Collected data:
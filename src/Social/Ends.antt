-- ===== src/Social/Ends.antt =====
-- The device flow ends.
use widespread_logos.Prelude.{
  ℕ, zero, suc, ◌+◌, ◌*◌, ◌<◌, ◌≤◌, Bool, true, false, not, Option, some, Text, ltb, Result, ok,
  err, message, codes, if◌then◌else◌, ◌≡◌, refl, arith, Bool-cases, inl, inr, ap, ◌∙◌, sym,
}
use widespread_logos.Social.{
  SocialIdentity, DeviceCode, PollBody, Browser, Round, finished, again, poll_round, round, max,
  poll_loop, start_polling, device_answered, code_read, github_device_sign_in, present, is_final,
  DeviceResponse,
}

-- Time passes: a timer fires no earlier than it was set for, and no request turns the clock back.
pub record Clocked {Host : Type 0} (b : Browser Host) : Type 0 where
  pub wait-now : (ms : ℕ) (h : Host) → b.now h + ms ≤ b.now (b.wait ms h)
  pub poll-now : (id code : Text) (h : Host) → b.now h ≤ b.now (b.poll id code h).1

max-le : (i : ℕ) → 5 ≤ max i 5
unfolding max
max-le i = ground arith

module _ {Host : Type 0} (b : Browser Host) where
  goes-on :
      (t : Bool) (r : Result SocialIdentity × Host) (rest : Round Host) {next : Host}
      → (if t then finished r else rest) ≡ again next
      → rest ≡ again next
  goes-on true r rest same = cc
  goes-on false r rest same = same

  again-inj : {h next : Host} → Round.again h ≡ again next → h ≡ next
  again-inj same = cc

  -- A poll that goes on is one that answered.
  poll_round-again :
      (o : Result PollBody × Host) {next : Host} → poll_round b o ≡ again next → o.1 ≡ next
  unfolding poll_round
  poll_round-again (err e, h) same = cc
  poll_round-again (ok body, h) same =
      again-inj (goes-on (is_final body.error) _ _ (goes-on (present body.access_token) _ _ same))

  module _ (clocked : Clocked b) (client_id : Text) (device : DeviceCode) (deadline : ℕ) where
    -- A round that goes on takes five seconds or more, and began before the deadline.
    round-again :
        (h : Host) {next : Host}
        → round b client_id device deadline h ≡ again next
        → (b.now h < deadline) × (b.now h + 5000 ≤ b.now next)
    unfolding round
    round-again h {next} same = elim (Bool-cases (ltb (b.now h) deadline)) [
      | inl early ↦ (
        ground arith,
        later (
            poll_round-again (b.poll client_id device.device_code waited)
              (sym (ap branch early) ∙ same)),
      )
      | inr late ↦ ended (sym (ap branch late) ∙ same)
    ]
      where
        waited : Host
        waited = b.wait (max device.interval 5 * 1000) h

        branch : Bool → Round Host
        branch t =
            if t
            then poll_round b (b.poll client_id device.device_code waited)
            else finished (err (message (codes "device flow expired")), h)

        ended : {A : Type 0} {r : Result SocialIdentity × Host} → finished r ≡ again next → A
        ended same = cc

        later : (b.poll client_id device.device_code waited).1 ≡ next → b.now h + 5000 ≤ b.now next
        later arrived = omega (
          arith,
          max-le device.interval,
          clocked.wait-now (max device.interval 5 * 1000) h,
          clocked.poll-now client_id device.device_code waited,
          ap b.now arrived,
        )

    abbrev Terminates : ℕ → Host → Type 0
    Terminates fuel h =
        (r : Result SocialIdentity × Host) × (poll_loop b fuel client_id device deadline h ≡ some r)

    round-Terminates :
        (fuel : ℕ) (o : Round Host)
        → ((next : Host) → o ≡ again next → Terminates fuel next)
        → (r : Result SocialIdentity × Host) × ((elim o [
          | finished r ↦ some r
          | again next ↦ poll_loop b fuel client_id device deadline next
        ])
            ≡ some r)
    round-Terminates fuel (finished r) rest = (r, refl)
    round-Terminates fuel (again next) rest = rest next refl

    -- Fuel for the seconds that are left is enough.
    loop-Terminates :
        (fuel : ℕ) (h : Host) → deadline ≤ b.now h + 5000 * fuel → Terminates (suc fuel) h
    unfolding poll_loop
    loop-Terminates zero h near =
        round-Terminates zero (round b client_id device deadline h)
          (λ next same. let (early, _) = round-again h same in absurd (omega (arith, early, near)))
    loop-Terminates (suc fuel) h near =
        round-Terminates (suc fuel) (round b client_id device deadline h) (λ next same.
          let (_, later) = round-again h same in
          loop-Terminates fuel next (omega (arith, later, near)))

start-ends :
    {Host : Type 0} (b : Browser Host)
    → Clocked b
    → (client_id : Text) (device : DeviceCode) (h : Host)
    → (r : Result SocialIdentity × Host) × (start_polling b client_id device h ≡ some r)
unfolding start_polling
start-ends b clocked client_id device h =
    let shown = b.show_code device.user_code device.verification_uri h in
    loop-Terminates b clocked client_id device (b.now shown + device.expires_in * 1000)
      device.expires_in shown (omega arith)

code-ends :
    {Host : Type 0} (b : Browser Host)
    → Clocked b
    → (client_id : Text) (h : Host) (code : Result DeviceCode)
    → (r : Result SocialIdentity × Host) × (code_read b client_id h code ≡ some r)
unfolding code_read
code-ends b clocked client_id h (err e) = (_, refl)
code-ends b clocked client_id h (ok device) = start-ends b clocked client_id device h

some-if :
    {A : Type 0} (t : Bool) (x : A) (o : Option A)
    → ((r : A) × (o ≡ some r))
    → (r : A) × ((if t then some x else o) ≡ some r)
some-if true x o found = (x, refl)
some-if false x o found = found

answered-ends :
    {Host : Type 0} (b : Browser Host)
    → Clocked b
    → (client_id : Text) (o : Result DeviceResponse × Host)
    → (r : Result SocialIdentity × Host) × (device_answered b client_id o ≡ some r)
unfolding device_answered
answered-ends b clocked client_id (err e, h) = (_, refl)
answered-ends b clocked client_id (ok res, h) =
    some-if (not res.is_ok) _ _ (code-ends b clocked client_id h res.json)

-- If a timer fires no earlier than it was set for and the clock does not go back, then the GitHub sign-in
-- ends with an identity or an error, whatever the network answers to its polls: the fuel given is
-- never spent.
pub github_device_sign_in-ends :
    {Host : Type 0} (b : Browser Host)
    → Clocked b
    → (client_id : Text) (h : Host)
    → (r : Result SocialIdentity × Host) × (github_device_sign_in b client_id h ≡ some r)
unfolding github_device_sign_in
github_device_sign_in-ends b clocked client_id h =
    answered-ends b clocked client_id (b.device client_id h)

* * *

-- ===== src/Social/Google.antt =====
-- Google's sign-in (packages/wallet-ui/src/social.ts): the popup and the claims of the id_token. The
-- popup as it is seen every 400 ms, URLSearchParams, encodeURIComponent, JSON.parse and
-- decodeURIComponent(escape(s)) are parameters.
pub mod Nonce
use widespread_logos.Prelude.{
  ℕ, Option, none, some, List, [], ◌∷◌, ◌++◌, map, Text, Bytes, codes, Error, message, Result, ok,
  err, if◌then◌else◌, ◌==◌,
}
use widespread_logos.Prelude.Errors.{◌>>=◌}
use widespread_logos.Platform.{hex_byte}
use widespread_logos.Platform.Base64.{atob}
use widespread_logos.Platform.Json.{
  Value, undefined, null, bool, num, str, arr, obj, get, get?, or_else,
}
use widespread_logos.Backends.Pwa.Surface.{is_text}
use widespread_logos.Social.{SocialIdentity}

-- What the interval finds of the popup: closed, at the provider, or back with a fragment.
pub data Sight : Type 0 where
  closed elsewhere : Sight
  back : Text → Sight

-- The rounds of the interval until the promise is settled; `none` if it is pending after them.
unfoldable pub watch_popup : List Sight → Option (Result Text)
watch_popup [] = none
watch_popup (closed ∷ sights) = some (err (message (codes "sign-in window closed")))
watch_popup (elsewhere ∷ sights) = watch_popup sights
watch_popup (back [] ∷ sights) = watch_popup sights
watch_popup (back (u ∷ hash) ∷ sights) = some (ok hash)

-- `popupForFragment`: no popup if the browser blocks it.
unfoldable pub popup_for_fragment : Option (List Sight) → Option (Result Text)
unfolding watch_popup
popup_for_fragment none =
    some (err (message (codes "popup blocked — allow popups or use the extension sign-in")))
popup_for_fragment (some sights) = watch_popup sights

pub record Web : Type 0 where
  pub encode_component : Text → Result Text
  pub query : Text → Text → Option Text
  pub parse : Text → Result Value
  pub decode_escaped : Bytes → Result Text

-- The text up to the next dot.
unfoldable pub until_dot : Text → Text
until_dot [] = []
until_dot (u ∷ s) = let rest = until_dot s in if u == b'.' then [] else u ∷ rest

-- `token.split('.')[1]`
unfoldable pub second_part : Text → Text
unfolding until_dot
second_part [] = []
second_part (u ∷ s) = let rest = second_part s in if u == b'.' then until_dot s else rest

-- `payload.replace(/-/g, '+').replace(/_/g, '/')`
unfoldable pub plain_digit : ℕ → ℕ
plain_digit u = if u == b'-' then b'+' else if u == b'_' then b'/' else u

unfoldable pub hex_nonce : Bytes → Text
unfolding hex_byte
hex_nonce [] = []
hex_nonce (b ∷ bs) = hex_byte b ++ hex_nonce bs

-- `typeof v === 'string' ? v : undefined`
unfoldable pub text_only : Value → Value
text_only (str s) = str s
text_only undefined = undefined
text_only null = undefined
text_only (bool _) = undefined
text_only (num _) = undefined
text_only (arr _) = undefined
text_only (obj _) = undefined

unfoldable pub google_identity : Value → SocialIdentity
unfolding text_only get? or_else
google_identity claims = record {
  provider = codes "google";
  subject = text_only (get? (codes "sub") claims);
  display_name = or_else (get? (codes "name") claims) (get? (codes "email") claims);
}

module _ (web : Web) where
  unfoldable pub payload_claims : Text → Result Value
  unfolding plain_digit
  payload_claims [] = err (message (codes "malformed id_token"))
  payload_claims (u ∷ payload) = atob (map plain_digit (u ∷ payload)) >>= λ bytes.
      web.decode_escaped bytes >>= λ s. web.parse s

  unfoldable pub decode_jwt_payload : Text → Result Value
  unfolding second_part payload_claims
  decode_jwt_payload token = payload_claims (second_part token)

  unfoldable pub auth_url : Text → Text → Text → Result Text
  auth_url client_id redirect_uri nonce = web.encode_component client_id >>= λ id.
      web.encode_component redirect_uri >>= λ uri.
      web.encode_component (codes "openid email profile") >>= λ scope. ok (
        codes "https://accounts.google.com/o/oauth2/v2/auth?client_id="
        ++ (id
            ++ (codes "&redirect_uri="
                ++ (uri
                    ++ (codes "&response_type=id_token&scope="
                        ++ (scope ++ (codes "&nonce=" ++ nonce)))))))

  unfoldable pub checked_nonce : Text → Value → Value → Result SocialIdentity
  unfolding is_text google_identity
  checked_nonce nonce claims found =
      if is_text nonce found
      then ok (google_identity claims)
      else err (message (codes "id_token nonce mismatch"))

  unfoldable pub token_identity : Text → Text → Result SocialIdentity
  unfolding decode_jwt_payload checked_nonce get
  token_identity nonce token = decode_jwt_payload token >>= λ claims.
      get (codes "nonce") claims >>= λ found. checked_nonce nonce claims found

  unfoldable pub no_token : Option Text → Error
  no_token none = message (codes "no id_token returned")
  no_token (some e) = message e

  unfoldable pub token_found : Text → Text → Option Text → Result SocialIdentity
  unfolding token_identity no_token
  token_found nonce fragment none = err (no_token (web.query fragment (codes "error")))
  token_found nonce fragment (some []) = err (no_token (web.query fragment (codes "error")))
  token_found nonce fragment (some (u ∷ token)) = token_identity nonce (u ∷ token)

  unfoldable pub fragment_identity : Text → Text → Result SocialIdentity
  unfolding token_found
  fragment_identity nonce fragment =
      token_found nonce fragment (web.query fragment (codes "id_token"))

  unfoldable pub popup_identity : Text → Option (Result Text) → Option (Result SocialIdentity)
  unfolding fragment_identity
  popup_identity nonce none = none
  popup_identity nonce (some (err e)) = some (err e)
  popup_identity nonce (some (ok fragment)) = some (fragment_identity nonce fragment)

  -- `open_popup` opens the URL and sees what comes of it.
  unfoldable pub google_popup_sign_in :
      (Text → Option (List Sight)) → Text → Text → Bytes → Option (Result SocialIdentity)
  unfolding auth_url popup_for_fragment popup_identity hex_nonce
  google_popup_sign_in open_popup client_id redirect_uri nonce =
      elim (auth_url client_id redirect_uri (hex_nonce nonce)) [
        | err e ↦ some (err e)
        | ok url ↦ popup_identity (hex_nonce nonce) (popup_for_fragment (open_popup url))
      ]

--

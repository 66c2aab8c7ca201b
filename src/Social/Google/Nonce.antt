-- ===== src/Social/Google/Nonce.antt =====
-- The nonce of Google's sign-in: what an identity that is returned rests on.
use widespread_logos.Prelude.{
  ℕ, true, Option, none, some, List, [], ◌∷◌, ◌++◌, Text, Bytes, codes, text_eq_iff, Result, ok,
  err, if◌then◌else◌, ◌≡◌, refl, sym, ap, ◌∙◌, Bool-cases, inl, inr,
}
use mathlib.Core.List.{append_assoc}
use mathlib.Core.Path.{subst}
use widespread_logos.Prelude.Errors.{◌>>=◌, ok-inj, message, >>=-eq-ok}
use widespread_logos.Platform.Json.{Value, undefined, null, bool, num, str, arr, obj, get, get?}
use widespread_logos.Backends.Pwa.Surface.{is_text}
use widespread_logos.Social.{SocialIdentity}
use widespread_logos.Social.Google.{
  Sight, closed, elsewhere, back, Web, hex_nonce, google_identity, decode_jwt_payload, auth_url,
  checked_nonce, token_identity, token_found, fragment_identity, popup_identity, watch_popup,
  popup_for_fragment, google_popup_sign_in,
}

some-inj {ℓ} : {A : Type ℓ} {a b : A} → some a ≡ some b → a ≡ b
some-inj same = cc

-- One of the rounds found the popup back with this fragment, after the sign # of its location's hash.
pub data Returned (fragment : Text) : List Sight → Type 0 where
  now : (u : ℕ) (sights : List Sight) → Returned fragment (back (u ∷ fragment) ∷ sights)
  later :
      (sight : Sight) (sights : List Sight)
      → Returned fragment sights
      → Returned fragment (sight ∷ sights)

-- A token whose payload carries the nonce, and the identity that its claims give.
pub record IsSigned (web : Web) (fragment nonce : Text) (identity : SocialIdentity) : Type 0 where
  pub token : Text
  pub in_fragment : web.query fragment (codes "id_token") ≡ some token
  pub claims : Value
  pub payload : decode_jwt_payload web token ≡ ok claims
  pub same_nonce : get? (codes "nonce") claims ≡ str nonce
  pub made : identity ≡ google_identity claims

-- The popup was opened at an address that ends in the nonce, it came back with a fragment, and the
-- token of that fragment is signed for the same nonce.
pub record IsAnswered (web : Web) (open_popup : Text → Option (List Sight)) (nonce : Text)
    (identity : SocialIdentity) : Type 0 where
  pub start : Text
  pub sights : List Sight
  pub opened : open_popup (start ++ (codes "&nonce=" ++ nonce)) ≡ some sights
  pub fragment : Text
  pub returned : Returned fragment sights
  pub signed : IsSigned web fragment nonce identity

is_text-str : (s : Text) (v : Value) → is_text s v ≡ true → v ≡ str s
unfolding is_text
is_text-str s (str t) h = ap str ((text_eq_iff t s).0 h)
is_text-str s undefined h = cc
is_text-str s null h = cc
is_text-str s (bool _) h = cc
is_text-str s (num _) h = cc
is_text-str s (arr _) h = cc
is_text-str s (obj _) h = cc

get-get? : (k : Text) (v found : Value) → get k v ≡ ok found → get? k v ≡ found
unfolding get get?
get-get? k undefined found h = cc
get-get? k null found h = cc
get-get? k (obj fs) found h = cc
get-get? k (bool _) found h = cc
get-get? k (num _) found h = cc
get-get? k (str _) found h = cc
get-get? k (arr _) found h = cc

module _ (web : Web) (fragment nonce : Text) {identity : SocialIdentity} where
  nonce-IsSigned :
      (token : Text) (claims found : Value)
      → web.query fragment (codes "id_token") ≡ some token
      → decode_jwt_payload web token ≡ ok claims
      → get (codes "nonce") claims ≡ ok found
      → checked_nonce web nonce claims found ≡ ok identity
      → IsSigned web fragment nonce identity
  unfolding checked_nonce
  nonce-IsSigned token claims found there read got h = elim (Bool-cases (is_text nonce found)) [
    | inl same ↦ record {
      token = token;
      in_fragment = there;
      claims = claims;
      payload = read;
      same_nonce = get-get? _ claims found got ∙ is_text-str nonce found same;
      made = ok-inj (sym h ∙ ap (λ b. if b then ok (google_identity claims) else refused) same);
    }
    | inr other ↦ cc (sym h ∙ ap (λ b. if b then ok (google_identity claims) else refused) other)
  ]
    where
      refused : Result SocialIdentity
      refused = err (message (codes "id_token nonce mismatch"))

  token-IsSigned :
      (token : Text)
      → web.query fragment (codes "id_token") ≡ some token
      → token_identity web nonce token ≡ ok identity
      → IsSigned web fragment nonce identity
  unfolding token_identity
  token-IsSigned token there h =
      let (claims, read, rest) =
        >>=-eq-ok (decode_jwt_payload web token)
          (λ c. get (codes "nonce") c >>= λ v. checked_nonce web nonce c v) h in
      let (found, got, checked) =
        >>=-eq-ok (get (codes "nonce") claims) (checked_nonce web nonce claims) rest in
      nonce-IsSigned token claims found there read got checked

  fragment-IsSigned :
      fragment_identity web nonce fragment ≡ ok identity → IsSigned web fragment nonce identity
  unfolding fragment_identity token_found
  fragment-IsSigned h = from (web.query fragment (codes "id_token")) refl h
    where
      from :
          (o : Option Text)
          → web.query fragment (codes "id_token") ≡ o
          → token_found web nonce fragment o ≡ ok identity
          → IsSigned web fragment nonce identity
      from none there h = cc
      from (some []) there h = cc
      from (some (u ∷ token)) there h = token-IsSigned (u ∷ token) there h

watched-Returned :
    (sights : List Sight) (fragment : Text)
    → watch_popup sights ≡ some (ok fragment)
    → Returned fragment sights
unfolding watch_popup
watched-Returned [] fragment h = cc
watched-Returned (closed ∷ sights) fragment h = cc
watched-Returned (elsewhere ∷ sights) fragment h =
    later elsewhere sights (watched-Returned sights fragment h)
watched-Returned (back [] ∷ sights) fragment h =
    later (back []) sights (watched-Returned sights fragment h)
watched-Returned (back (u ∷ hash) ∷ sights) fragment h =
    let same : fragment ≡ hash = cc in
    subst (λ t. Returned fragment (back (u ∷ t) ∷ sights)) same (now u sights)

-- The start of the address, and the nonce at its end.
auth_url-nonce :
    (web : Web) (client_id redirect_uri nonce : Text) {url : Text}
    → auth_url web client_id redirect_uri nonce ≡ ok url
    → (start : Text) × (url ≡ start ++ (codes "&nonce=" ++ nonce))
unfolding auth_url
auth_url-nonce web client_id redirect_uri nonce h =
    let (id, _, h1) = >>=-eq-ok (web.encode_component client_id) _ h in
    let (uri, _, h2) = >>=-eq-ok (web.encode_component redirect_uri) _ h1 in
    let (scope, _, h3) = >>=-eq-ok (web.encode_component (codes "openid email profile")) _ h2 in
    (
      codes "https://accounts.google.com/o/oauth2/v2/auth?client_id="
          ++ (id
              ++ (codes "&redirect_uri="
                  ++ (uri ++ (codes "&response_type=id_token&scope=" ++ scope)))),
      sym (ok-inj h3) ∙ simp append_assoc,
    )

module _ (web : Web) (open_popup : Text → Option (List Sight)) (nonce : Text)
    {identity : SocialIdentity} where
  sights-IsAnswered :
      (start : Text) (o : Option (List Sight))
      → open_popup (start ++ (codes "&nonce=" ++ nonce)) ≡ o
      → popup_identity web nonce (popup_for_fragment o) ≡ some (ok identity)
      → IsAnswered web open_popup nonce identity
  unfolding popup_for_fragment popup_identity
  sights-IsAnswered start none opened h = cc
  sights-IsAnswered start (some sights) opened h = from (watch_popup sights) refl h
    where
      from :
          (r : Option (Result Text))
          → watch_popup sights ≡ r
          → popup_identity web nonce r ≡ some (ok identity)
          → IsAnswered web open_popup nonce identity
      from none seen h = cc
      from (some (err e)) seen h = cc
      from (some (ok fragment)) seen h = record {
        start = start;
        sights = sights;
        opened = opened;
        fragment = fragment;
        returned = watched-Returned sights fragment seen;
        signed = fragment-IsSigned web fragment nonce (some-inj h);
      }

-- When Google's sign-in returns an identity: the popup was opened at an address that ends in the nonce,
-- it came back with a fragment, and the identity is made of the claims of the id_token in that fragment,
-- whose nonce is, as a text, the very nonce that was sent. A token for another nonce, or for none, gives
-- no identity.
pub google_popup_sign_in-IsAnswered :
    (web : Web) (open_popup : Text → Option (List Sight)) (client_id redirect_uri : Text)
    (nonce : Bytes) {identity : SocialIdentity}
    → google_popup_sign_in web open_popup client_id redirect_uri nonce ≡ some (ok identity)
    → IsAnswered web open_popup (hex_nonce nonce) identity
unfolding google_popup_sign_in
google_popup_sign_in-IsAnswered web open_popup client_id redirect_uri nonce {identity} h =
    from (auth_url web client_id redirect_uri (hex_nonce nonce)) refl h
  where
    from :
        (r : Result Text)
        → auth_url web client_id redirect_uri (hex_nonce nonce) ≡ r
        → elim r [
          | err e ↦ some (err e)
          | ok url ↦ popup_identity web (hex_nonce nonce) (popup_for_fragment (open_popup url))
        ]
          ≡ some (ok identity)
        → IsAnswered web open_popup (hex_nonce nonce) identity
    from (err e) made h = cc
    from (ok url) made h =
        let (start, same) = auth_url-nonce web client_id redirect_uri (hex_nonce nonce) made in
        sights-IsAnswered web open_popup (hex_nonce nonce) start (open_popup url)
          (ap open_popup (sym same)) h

- _Exercise aim_:
Write out exactly the lines above between the line with "(sym (ap branch early)" and the line with "then poll_round b", inclusive, and nothing beyond them.

- _Exercise result_:
              (sym (ap branch early) ∙ same)),
      )
      | inr late ↦ ended (sym (ap branch late) ∙ same)
    ]
      where
        waited : Host
        waited = b.wait (max device.interval 5 * 1000) h

        branch : Bool → Round Host
        branch t =
            if t
            then poll_round b (b.poll client_id device.device_code waited)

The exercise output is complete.